As of now, those are my specs, and they won't be changing soon. So I'm trying to find ways to speed up my process (aka building mini templates that squeeze my CPU quite a bit) and was wondering what those of you with similar specs are doing to speed up yours.

DJM


----------



## Alex Fraser (Apr 6, 2020)

As my 2011 iMac just died (@miket !) I've just I've ordered a MBP with 16gb as a replacement, so following with interest.

My plan is to run a "disabled track" setup in Logic, loading only as needed albeit off a fast SSD.


----------



## sIR dORT (Apr 6, 2020)

Alex Fraser said:


> My plan is to run a "disabled track" setup in Logic, loading only as needed albeit off a fast SSD.


I've found that for me (using HWO, particularly the strings) that's the only way to keep it running somewhat smoothly.


----------



## dzilizzi (Apr 6, 2020)

I picked up VSL SE 1/1Plus for the main sounds and just use better libraries for anything that stands out. I also would bounce or freeze tracks to use less RAM/CPU whenever possible. Disable the midi track, but don't delete. You can always re-bounce if needed.


----------



## CT (Apr 6, 2020)

Alex Fraser said:


> As my 2011 iMac just died (@miket !) I've just I've ordered a MBP with 16gb as a replacement, so following with interest.
> 
> My plan is to run a "disabled track" setup in Logic, loading only as needed albeit off a fast SSD.



I'm so sorry. Now I'm terrified.


----------



## Duncan Krummel (Apr 6, 2020)

I ran a mid-2012 MacBook Pro with 16Gb of RAM up until about a year and a half ago (got it in mid 2012 too, so it’s been a minute). Mostly using EWSO during that time, and the HWO libraries near the end. The ESWO stuff is pretty light of course, but despite how notoriously resourceful hefty the HWO libraries could be, I was just fine. Now I don’t use templates ever, never liked the idea. So I’m typically running projects that only contain the tracks I need. Freezing, bouncing in place, opting for lighter patches (still don’t use the Powerful System patches in the HWS library), and keeping a high buffer rate all help to lighten the load.

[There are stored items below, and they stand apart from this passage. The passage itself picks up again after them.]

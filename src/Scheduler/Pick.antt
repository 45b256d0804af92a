-- ===== src/Scheduler/Pick.antt =====
-- Which task `LST` chooses.
use mmemphis.Base.{
  ℕ, zero, suc, ◌+◌, ◌≤◌, ◌<◌, ◌≡◌, refl, ◌∙◌, ◌⊎◌, inl, inr, Bool, true, ◌&&◌, Option, none, some,
  List, [], ◌∷◌, arith, ltb, Bool-cases, Option-cases, length, get_elem?, NoneOf,
}
use mmemphis.Tcb.{Tcb, Scheduling}
use mmemphis.Scheduler.{
  test_at, is_ready, is_service, is_real_time, search_round, least_slack, select_task,
}
use mmemphis.Scheduler.RoundRobin.{
  rounds, search_round-found, search_round-none, search_round-index,
}

-- The test of the task at an index, in the form of a predicate.
abbrev pub At : (Scheduling → Tcb → Bool) → List Tcb → ℕ → Type 0
At p tcbs j = (t : Tcb) × (get_elem? tcbs j ≡ some t) × (p t.scheduling t ≡ true)

-- No real-time task that is ready has less slack.
abbrev pub AtLeast : ℕ → List Tcb → Type 0
AtLeast s [] = Unit {0}
AtLeast s (t ∷ tcbs) =
    (is_real_time t.scheduling ≡ true → s ≤ t.scheduling.slack_time) × AtLeast s tcbs

AtLeast-mono : (r s : ℕ) (tcbs : List Tcb) → r ≤ s → AtLeast s tcbs → AtLeast r tcbs
AtLeast-mono r s [] h a = tt
AtLeast-mono r s (t ∷ tcbs) h a = (λ e. omega (arith, a.0 e), AtLeast-mono r s tcbs h a.1)

least_slack-best :
    (i j s : ℕ) (tcbs : List Tcb)
    → ((least_slack i (some (j, s)) tcbs ≡ some (j, s)) × AtLeast s tcbs)
      ⊎ ((k : ℕ) × (t : Tcb) × (least_slack i (some (j, s)) tcbs
            ≡ some (i + k, t.scheduling.slack_time))
          × (get_elem? tcbs k ≡ some t)
          × (is_real_time t.scheduling ≡ true)
          × (t.scheduling.slack_time ≤ s)
          × AtLeast t.scheduling.slack_time tcbs)
unfolding least_slack
least_slack-best i j s [] = inl (refl, tt)
least_slack-best i j s (t ∷ tcbs) =
    elim (Bool-cases (is_real_time t.scheduling && ltb t.scheduling.slack_time s)) [
      | inl less ↦ elim (least_slack-best (i + 1) i t.scheduling.slack_time tcbs) [
        | inl (e, a) ↦ inr (
          0,
          t,
          rw less (e ∙ ground arith),
          refl,
          ground arith,
          ground arith,
          (λ _. omega arith, a),
        )
        | inr (k, u, e, g, r, l, a) ↦
            inr (suc k, u, rw less (e ∙ ground arith), g, r, ground arith, (λ _. l, a))
      ]
      | inr not_less ↦ elim (least_slack-best (i + 1) j s tcbs) [
        | inl (e, a) ↦ inl (rw not_less e, (λ r. ground arith, a))
        | inr (k, u, e, g, r, l, a) ↦
            inr (suc k, u, rw not_less (e ∙ ground arith), g, r, l, (λ q. ground arith, a))
      ]
    ]

least_slack_lem :
    (i : ℕ) (tcbs : List Tcb)
    → ((least_slack i none tcbs ≡ none) × NoneOf (λ t. is_real_time t.scheduling) tcbs)
      ⊎ ((k : ℕ) × (t : Tcb) × (least_slack i none tcbs ≡ some (i + k, t.scheduling.slack_time))
          × (get_elem? tcbs k ≡ some t)
          × (is_real_time t.scheduling ≡ true)
          × AtLeast t.scheduling.slack_time tcbs)
unfolding least_slack
least_slack_lem i [] = inl (refl, tt)
least_slack_lem i (t ∷ tcbs) = elim (Bool-cases (is_real_time t.scheduling)) [
  | inl r ↦ elim (least_slack-best (i + 1) i t.scheduling.slack_time tcbs) [
    | inl (e, a) ↦
        inr (0, t, rw (r, least_slack) (e ∙ ground arith), refl, r, (λ _. omega arith, a))
    | inr (k, u, e, g, q, l, a) ↦
        inr (suc k, u, rw (r, least_slack) (e ∙ ground arith), g, q, (λ _. l, a))
  ]
  | inr r ↦ elim (least_slack_lem (i + 1) tcbs) [
    | inl (e, a) ↦ inl (rw (r, least_slack) e, (r, a))
    | inr (k, u, e, g, q, a) ↦
        inr (suc k, u, rw (r, least_slack) (e ∙ ground arith), g, q, (λ y. cc (r, y), a))
  ]
]

-- The task at an index that a search found.
At-test :
    (p : Scheduling → Tcb → Bool) (tcbs : List Tcb) (j : ℕ) → test_at p tcbs j ≡ true → At p tcbs j
At-test p tcbs j h = elim (Option-cases (get_elem? tcbs j)) [
  | inl e ↦ absurd (ground (arith, e))
  | inr (t, e) ↦ (t, e, ground (arith, e))
]

get_elem?-lt {ℓ} :
    {A : Type ℓ} (xs : List A) (j : ℕ) {a : A} → get_elem? xs j ≡ some a → j < length xs
get_elem?-lt [] j h = absurd (cc)
get_elem?-lt (x ∷ xs) zero h = omega arith
get_elem?-lt (x ∷ xs) (suc j) h = omega (arith, get_elem?-lt xs j h)

rounds-le : (n i j : ℕ) → i < n → j < n → rounds n i j ≤ n
rounds-le n i j h l = ground arith

search_round-NoneAt :
    (p : Scheduling → Tcb → Bool) (tcbs : List Tcb) (i j : ℕ)
    → i < length tcbs
    → (search_round p (length tcbs) i tcbs).0 ≡ none
    → ¬ At p tcbs j
search_round-NoneAt p tcbs i j h e (t, g, q) =
    let inside = get_elem?-lt tcbs j g in
    cc (
      g,
      q,
      search_round-none p tcbs (length tcbs) i j e h inside (rounds-le (length tcbs) i j h inside),
    )

-- What the choice of a task promises, by the order of its three searches.
pub data Choice (tcbs : List Tcb) : Option ℕ → Type 0 where
  -- a service task that is ready
  service : {j : ℕ} → At is_service tcbs j → Choice tcbs (some j)
  -- no service task is ready, and no real-time task that is ready has less slack
  real_time :
      {j : ℕ} (t : Tcb)
      → ((m : ℕ) → ¬ At is_service tcbs m)
      → get_elem? tcbs j ≡ some t
      → is_real_time t.scheduling ≡ true
      → AtLeast t.scheduling.slack_time tcbs
      → Choice tcbs (some j)
  -- neither is ready, and this task is
  best_effort :
      {j : ℕ}
      → ((m : ℕ) → ¬ At is_service tcbs m)
      → NoneOf (λ t. is_real_time t.scheduling) tcbs
      → At (λ s _. is_ready s) tcbs j
      → Choice tcbs (some j)
  -- no task at all is ready
  nobody : ((m : ℕ) → ¬ At (λ s _. is_ready s) tcbs m) → Choice tcbs none

-- From a round-robin index inside the array, the three searches choose a ready service task if
-- there is one; else a ready real-time task that no ready real-time task beats in slack time, if
-- there is one; else a ready task, if there is one; else none. The round-robin index stays inside
-- the array.
pub select_task-Choice :
    (i : ℕ) (tcbs : List Tcb)
    → i < length tcbs
    → Choice tcbs (select_task i tcbs).0 × ((select_task i tcbs).1 < length tcbs)
unfolding select_task
select_task-Choice i tcbs h =
    let first = search_round is_service (length tcbs) i tcbs in
    let inside = search_round-index is_service tcbs (length tcbs) i h in
    elim (Option-cases first.0) [
      | inr (j, e) ↦
          rw (e, select_task)
            (
              service (
                  At-test is_service tcbs j
                    (search_round-found is_service tcbs (length tcbs) i e).0),
              inside,
            )
      | inl e ↦
          let no_service : (m : ℕ) → ¬ At is_service tcbs m =
            λ m. search_round-NoneAt is_service tcbs i m h e in
          elim (least_slack_lem 0 tcbs) [
            | inr (k, t, l, g, r, a) ↦
                let at : 0 + k ≡ k = omega arith in
                rw (e, l, select_task) (real_time t no_service (rw at g) r a, inside)
            | inl (l, quiet) ↦
                let second = search_round (λ s _. is_ready s) (length tcbs) first.1 tcbs in
                let inside' =
                  search_round-index (λ s _. is_ready s) tcbs (length tcbs) first.1 inside in
                elim (Option-cases second.0) [
                  | inr (j, f) ↦
                      rw (e, l, select_task)
                        (
                          rw f (
                              best_effort no_service quiet (
                                At-test (λ s _. is_ready s) tcbs j
                                  (search_round-found (λ s _. is_ready s) tcbs (length tcbs) first.1
                                    f).0)),
                          inside',
                        )
                  | inl f ↦
                      rw (e, l, select_task)
                        (
                          rw f (
                              nobody (λ m.
                                search_round-NoneAt (λ s _. is_ready s) tcbs first.1 m inside f)),
                          inside',
                        )
                ]
          ]
    ]
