-- ===== src/Scheduler/Period.antt =====
-- The periods of a real-time task from one call of the scheduler to the next.
use mmemphis.Base.{
  ℕ, ◌+◌, ◌≤◌, ◌<◌, ◌≡◌, refl, ◌∙◌, ◌⊎◌, inl, inr, some, List, map, [], ◌∷◌, zero, suc, arith,
  Option-cases, Bool-cases, ◌==◌, get_elem?, modify, get_elem?-modify_self, get_elem?-modify_ne,
  add32,
}
use mmemphis.Tcb.{Tcb, Scheduling, ready, running, sleeping, no_deadline}
use mmemphis.Scheduler.{
  Scheduler, update_slack_time, end_of_run, end_of_period, update_task, update_real_time,
  select_task, dispatch, idle, lst,
}
use mmemphis.Scheduler.Update.{IsActive, InRange}

-- The time is within the task's period, and the task has at most its execution time left: nothing
-- where it sleeps, and something where it is ready.
pub record IsCurrent (c : ℕ) (s : Scheduling) : Type 0 where
  pub begun : s.ready_time ≤ c
  pub ahead : c < s.ready_time + s.period
  pub budget : s.remaining_exec_time ≤ s.execution_time
  pub spent : s.status ≡ sleeping → s.remaining_exec_time ≡ 0
  pub left : s.status ≡ ready → 0 < s.remaining_exec_time

-- The same period goes on with no more to run, or the next one starts with all to run.
abbrev pub GoesOn : Scheduling → Scheduling → Type 0
GoesOn s s' =
    ((s'.ready_time ≡ s.ready_time) × (s'.remaining_exec_time ≤ s.remaining_exec_time))
    ⊎ ((s'.ready_time ≡ s.ready_time + s.period) × (s'.remaining_exec_time ≡ s.execution_time))

abbrev pub SameTask : Scheduling → Scheduling → Type 0
SameTask s s' =
    (s'.period ≡ s.period) × (s'.deadline ≡ s.deadline) × (s'.execution_time ≡ s.execution_time)

update_task-begun :
    (o c0 c : ℕ) (t : Tcb)
    → IsActive t.scheduling
    → InRange o c t.scheduling
    → IsCurrent c0 t.scheduling
    → c0 ≤ c
    → c ≤ c0 + t.scheduling.period
    → let s' = (update_task o c t).scheduling in
      (s'.ready_time ≤ c) × (c < s'.ready_time + s'.period)
unfolding update_task end_of_run end_of_period update_slack_time
update_task-begun o c0 c t a r n l h = ground arith

update_task-budget :
    (o c0 c : ℕ) (t : Tcb)
    → IsActive t.scheduling
    → InRange o c t.scheduling
    → IsCurrent c0 t.scheduling
    → 0 < t.scheduling.execution_time
    → let s' = (update_task o c t).scheduling in
      (s'.remaining_exec_time ≤ s'.execution_time)
      × (s'.status ≡ sleeping → s'.remaining_exec_time ≡ 0)
      × (s'.status ≡ ready → 0 < s'.remaining_exec_time)
      × ((s'.status ≡ ready) ⊎ (s'.status ≡ sleeping))
unfolding update_task end_of_run end_of_period update_slack_time
update_task-budget o c0 c t a r n p =
    (ground arith, λ e. ground arith, λ e. ground arith, ground arith)

update_task-GoesOn :
    (o c : ℕ) (t : Tcb)
    → IsActive t.scheduling
    → InRange o c t.scheduling
    → GoesOn t.scheduling (update_task o c t).scheduling
unfolding update_task end_of_run end_of_period update_slack_time
update_task-GoesOn o c t a r = ground arith

update_task-SameTask : (o c : ℕ) (t : Tcb) → SameTask t.scheduling (update_task o c t).scheduling
unfolding update_task end_of_run end_of_period update_slack_time
update_task-SameTask o c t = (ground arith, ground arith, ground arith)

pub get_elem?-map-some {ℓ} :
    {A : Type ℓ} (f : A → A) (xs : List A) (m : ℕ) {a : A}
    → get_elem? xs m ≡ some a
    → get_elem? (map f xs) m ≡ some (f a)
get_elem?-map-some f [] m h = absurd (cc)
get_elem?-map-some f (x ∷ xs) zero h = cc
get_elem?-map-some f (x ∷ xs) (suc m) h = get_elem?-map-some f xs m h

-- A task that a call has dispatched, or passed over.
pub record Dispatched (s s' : Scheduling) : Type 0 where
  pub begins : s'.ready_time ≡ s.ready_time
  pub remains : s'.remaining_exec_time ≡ s.remaining_exec_time
  pub task : SameTask s s'
  pub waits : s'.waiting_msg ≡ s.waiting_msg
  pub state : (s'.status ≡ s.status) ⊎ (s'.status ≡ running)

passed_over : (s : Scheduling) → Dispatched s s
passed_over s = record {
  begins = refl;
  remains = refl;
  task = (refl, refl, refl);
  waits = refl;
  state = inl refl;
}

modify-Dispatched :
    (tcbs : List Tcb) (j m : ℕ) (f : Tcb → Tcb) {t : Tcb}
    → get_elem? tcbs m ≡ some t
    → Dispatched t.scheduling (f t).scheduling
    → (t' : Tcb) × (get_elem? (modify tcbs j f) m ≡ some t') × Dispatched t.scheduling t'.scheduling
modify-Dispatched tcbs j m f {t} g h = elim (Bool-cases (j == m)) [
  | inl e ↦
      let same : j ≡ m = ground arith in
      (f t, ground (arith, same, g, get_elem?-modify_self tcbs m f g), h)
  | inr e ↦ (t, get_elem?-modify_ne tcbs f (ground arith) ∙ g, passed_over t.scheduling)
]

Dispatched-trans : {s s' s'' : Scheduling} → Dispatched s s' → Dispatched s' s'' → Dispatched s s''
Dispatched-trans h g = record {
  begins = g.begins ∙ h.begins;
  remains = g.remains ∙ h.remains;
  task = ground (arith, h.task, g.task);
  waits = g.waits ∙ h.waits;
  state = ground (arith, h.state, g.state);
}

dispatch-Dispatched :
    (j time start m : ℕ) (k : Scheduler) {t : Tcb}
    → get_elem? k.tcbs m ≡ some t
    → (t' : Tcb) × (get_elem? (dispatch j time start k).tcbs m ≡ some t')
      × Dispatched t.scheduling t'.scheduling
unfolding dispatch
dispatch-Dispatched j time start m k {t} g = elim (Option-cases (get_elem? k.tcbs j)) [
  | inl e ↦ rw (e, dispatch) (t, g, passed_over t.scheduling)
  | inr (u, e) ↦
      let run : Tcb → Tcb =
        λ t. record t { scheduling = record t.scheduling { status = running } } in
      let start_run : Tcb → Tcb =
        λ t. record t { scheduling = record t.scheduling { running_start_time = start } } in
      let (t1, g1, d1) = modify-Dispatched k.tcbs j m run g (record {
        begins = refl;
        remains = refl;
        task = (refl, refl, refl);
        waits = refl;
        state = inr refl;
      }) in
      let (t2, g2, d2) = modify-Dispatched (modify k.tcbs j run) j m start_run g1 (record {
        begins = refl;
        remains = refl;
        task = (refl, refl, refl);
        waits = refl;
        state = inl refl;
      }) in
      elim (Bool-cases (u.scheduling.deadline == no_deadline)) [
        | inl b ↦ rw (e, dispatch, b) (t1, g1, d1)
        | inr b ↦ rw (e, dispatch, b) (t2, g2, Dispatched-trans d1 d2)
      ]
]

-- The time of a call, with the estimated overhead of the scheduler.
abbrev pub call_time : ℕ → Scheduler → ℕ
call_time c k = add32 c k.schedule_overhead

-- A call changes an entry as one pass over it does, but that it may dispatch the task.
pub lst-Dispatched :
    (c start end m : ℕ) (k : Scheduler) {t : Tcb}
    → get_elem? k.tcbs m ≡ some t
    → (t' : Tcb) × (get_elem? (lst c start end k).1.tcbs m ≡ some t')
      × Dispatched
          (update_task k.schedule_overhead (add32 c k.schedule_overhead) t).scheduling
          t'.scheduling
unfolding lst idle update_real_time
lst-Dispatched c start end m k {t} g =
    let time = add32 c k.schedule_overhead in
    let updated = update_real_time k.schedule_overhead time k.tcbs in
    let chosen = select_task k.round_robin updated in
    let k' : Scheduler = record k { tcbs = updated; round_robin = chosen.1 } in
    let here = get_elem?-map-some (update_task k.schedule_overhead time) k.tcbs m g in
    elim (Option-cases chosen.0) [
      | inl e ↦ rw (e, lst) (update_task k.schedule_overhead time t, here, passed_over _)
      | inr (j, e) ↦ rw (e, lst) (dispatch-Dispatched j time start m k' here)
    ]

-- From one call of the scheduler to the next, at most a period of the task later, an active
-- real-time task with times in range and an execution time that is not 0 stays current, if it was
-- so at the former: the time of the call is within its period; it has at most its execution time
-- left, nothing if it sleeps, something if it is ready. Its period, deadline and execution time are
-- kept, and either the same period goes on, with no more left to execute, or the next one starts
-- where that ended, with the whole execution time left.
pub lst-IsCurrent :
    (c0 c start end m : ℕ) (k : Scheduler) {t : Tcb}
    → get_elem? k.tcbs m ≡ some t
    → IsActive t.scheduling
    → InRange k.schedule_overhead (call_time c k) t.scheduling
    → IsCurrent c0 t.scheduling
    → 0 < t.scheduling.execution_time
    → c0 ≤ call_time c k
    → call_time c k ≤ c0 + t.scheduling.period
    → (t' : Tcb) × (get_elem? (lst c start end k).1.tcbs m ≡ some t')
      × IsActive t'.scheduling
      × IsCurrent (call_time c k) t'.scheduling
      × SameTask t.scheduling t'.scheduling
      × GoesOn t.scheduling t'.scheduling
lst-IsCurrent c0 c start end m k {t} g a r n p l h =
    let time = add32 c k.schedule_overhead in
    let o = k.schedule_overhead in
    let u = update_task o time t in
    let (t', at, d) = lst-Dispatched c start end m k g in
    let (begun, ahead) = update_task-begun o c0 time t a r n l h in
    let (budget, spent, left, state) = update_task-budget o c0 time t a r n p in
    let same = update_task-SameTask o time t in
    let on = update_task-GoesOn o time t a r in
    (
      t',
      at,
      record { real_time = ground (arith, same, d, a.real_time); state = ground (arith, state, d) },
      record {
        begun = ground (arith, begun, d);
        ahead = ground (arith, ahead, d);
        budget = ground (arith, budget, d);
        spent = λ e. ground (arith, spent, d, e);
        left = λ e. ground (arith, left, d, e);
      },
      ground (arith, same, d),
      ground (arith, on, d),
    )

I still do everything on a MacBook Pro, only now have the luxury of running 32Gb. You’ll definitely feel the bottleneck that 16Gb can be at times, but unless your workflow is unnecessarily bloated from the get-go, there are workarounds that are there and are simple to use. Hardly feel like workarounds after a while, just part of an effective workflow.


----------



## Alex Fraser (Apr 6, 2020)

miket said:


> I'm so sorry. Now I'm terrified.


It was the main HD. The first warning was a 30 minute boot time(!) followed by some loud clicks. Then nothing.

I managed to boot into safe mode from a Time Machine backup and reinstall the OS onto an external SSD (which made the iMac run about a zillion times faster - you should try it.)

It's still not right though. The internal fans are now playing a new tune, the screen has a suspicious flicker on it etc etc. In sunnier times it might be a repair job but my wife put her foot down after I spent two days fixing the machine and "requested" I retired it.

So, new Mac on the way whilst I nurse this one for the next few days.

Mike - back on topic - if I remember rightly you had some success with BBCSO and 16gb?


----------



## CT (Apr 6, 2020)

32, not 16, sorry!

I will hold mine extra close tonight.


----------



## Nick Batzdorf (Apr 6, 2020)

Alex Fraser said:


> As my 2011 iMac just died (@miket !) I've just I've ordered a MBP with 16gb as a replacement, so following with interest.
> 
> My plan is to run a "disabled track" setup in Logic, loading only as needed albeit off a fast SSD.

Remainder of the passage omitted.